**Task goal:** Tally up the lines below that contain the word "ignore" and give the total alone.

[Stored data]
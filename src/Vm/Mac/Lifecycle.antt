-- ===== src/Vm/Mac/Lifecycle.antt =====
-- pkg/vm/krunkit.go and vm_darwin.go together: the process that the monitor starts is the one that the
-- VM asks about and interrupts.
use podman_bootc.Base.{ℕ, ◌^◌, ◌<◌, true, ◌≡◌, ◌∙◌, sym, [], ◌∷◌, Text, none, some}
use podman_bootc.Base.Int.{pos}
use podman_bootc.Config.{run_pid_file}
use podman_bootc.Go.Decimal.{format_int}
use podman_bootc.Go.Errors.{Error, ok}
use podman_bootc.Go.Path.{join}
use podman_bootc.Utils.Files.{write_pid_file}
use podman_bootc.Utils.PidFiles.{write_pid_file_lem}
use podman_bootc.Utils.Process.{sigint}
use podman_bootc.Vm.Krunkit.{Krunkit, new_krunkit, record_process, start_krunkit_process}
use podman_bootc.Vm.Mac.{BootcVmMac, is_running, delete}
use podman_bootc.Vm.Mac.Looks.{
  IsLook, Lives, Sees, Sees-context, Sees-bind, Finishes, Finishes-act, Finishes-bind, Sees-file,
  Sees-pid, Sees-found, runs_as-Sees,
}
use podman_bootc.Vm.Monitor.{start_krunkit}
use podman_bootc.World.Calls.{System, Trace, Answer, done, acted, signal_process, write_file}
use podman_bootc.World.Answers.{Ensures-mono}
use podman_bootc.World.Commands.{cancel_cmd}
use podman_bootc.World.Ensures.{
  Ensures, Any, Ensures-any, Ensures-bind, Ensures-fail, Ensures-on_error, Ensures-pure,
  Ensures-or_crash, Ensures-given,
}
use podman_bootc.World.Events.{Extends, same}
use podman_bootc.World.Exec.{fail, on_error, ignore, ◌>>◌}

module _ (sys : System) (b : BootcVmMac) (pid : ℕ) (u : Trace) (small : pid < 2 ^ 63)
    (h : Lives sys b.pid_file pid u) where
  is_running-Sees : Sees u (is_running sys b) true
  unfolding is_running
  is_running-Sees =
      Sees-bind (true, none) _ (Sees-file sys b.pid_file pid u h)
        (Sees-bind (pos pid) _ (Sees-context _ (Sees-pid sys b.pid_file pid u small h))
          (runs_as-Sees sys b.pid_file pid u h))

  delete-Finishes : Finishes u (delete sys b) (signal_process (pos pid) sigint)
  unfolding delete
  delete-Finishes = Finishes-bind true _ (Sees-context _ is_running-Sees) (
      Finishes-bind (pos pid) _ (Sees-context _ (Sees-pid sys b.pid_file pid u small h)) (
        Finishes-bind tt _ (Sees-context _ (Sees-found sys b.pid_file pid u h))
          (Finishes-act sys _)))

-- What was written, and by which process, when krunkit was started.
abbrev Recorded : Text → Krunkit → Trace → Type 0
Recorded path k t =
    (pid : ℕ) × (k.cmd.process ≡ some pid)
    × ((w : Trace) × (t ≡ acted (write_file path (format_int (pos pid))) (done tt) ∷ w))

module _ (sys : System) where
  write_pid_file-Ensures :
      (path : Text) (pid : ℕ)
      → Ensures Any
          (write_pid_file sys path (pos pid))
          (λ _ t. (w : Trace) × (t ≡ acted (write_file path (format_int (pos pid))) (done tt) ∷ w))
  write_pid_file-Ensures path pid = record {
    at = λ t _ _ e. (t, write_pid_file_lem sys path (pos pid) t e);
  }

  recording-Ensures :
      (k : Krunkit) (g : Error → Error) (pid : ℕ)
      → k.cmd.process ≡ some pid
      → Ensures Any
          (on_error
            (write_pid_file sys k.pid_file (pos pid))
            (λ e. do ignore (cancel_cmd sys k.cmd); fail (g e)))
          (λ _. Recorded k.pid_file k)
  recording-Ensures k g pid same_pid =
      Ensures-on_error Any _
        (Ensures-mono _ (λ _ t h. (pid, same_pid, h)) (write_pid_file-Ensures k.pid_file pid))
        (λ e. Ensures-bind _ (λ _ _. Unit {0}) _ (Ensures-any _ _) (λ _. Ensures-fail _ _ _))

  record_process-Ensures :
      (k : Krunkit) → Ensures Any (record_process sys k) (λ _. Recorded k.pid_file k)
  unfolding record_process
  record_process-Ensures k =
      Ensures-bind Any _ _ (Ensures-or_crash Any k.cmd.process)
        λ pid. Ensures-given _ λ same_pid. recording-Ensures k _ pid same_pid

  start_krunkit_process-Ensures :
      (k : Krunkit) → Ensures Any (start_krunkit_process sys k) (λ k'. Recorded k.pid_file k')
  unfolding start_krunkit_process
  start_krunkit_process-Ensures k =
      Ensures-bind Any (λ _. Any) _ (Ensures-any Any _)
        λ cmd.
          Ensures-bind Any (λ _. Recorded k.pid_file (record k { cmd = cmd })) _
            (record_process-Ensures (record k { cmd = cmd })) (λ _. Ensures-pure _ _ _ (λ t h. h))

  start_krunkit-Ensures :
      (dir user identity socket : Text)
      → Ensures Any
          (start_krunkit sys dir user identity socket)
          (λ k. Recorded (join (dir ∷ run_pid_file ∷ [])) k)
  unfolding start_krunkit new_krunkit
  start_krunkit-Ensures dir user identity socket =
      Ensures-bind Any (λ _. Any) _ (Ensures-any Any _)
        λ path.
          Ensures-bind Any (λ _. Any) _ (Ensures-any Any _) λ s. start_krunkit_process-Ensures _

-- After the writing of a pid file, whose content is kept, the process lives.
Lives-at :
    (sys : System) (path path' : Text) (pid q : ℕ) (u w : Trace)
    → ((q : ℕ) (w : Trace)
        → Lives sys path q (acted (write_file path (format_int (pos q))) (done tt) ∷ w))
    → path ≡ path'
    → some q ≡ some pid
    → u ≡ acted (write_file path' (format_int (pos q))) (done tt) ∷ w
    → Lives sys path pid u
Lives-at sys path path' pid q u w keeps same_path same_pid written =
    let same_q : q ≡ pid = cc in rw (written, ← same_path, same_q) (keeps pid w)

-- For every system, VM, directory, user, SSH identity, network socket, history, process and process
-- id: if `startKrunkit` returns this process, which has this id, below 2^63, the pid file of the VM
-- is the one in the directory, and from the writing of a pid file on, as long as it is only looked
-- at, the file keeps its content and the process with that id lives, then the VM is running, and
-- `Delete` only looks and then interrupts this process.
pub start_krunkit-delete :
    (sys : System) (b : BootcVmMac) (dir user identity socket : Text) (t : Trace) (k : Krunkit)
    (pid : ℕ)
    → (start_krunkit sys dir user identity socket t).0 ≡ ok k
    → k.cmd.process ≡ some pid
    → pid < 2 ^ 63
    → b.pid_file ≡ join (dir ∷ run_pid_file ∷ [])
    → ((q : ℕ) (w : Trace)
        → Lives sys b.pid_file q (acted (write_file b.pid_file (format_int (pos q))) (done tt) ∷ w))
    → let u = (start_krunkit sys dir user identity socket t).1 in
      ((is_running sys b u).0 ≡ ok true)
      × ((v : Trace) × (r : Answer (Unit {0})) × ((delete sys b u).1
            ≡ acted (signal_process (pos pid) sigint) r ∷ v)
          × Extends IsLook u v)
start_krunkit-delete sys b dir user identity socket t k pid e same_pid small same_file keeps =
    let u = (start_krunkit sys dir user identity socket t).1 in
    let (q, same_q, (w, written)) =
      (start_krunkit-Ensures sys dir user identity socket).at t tt k e in
    let lives =
      Lives-at sys b.pid_file _ pid q u w keeps same_file (sym same_q ∙ same_pid) written in
    (
      ((is_running-Sees sys b pid u small lives).at u same).0,
      (delete-Finishes sys b pid u small lives).at u same,
    )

**Written answer:** 2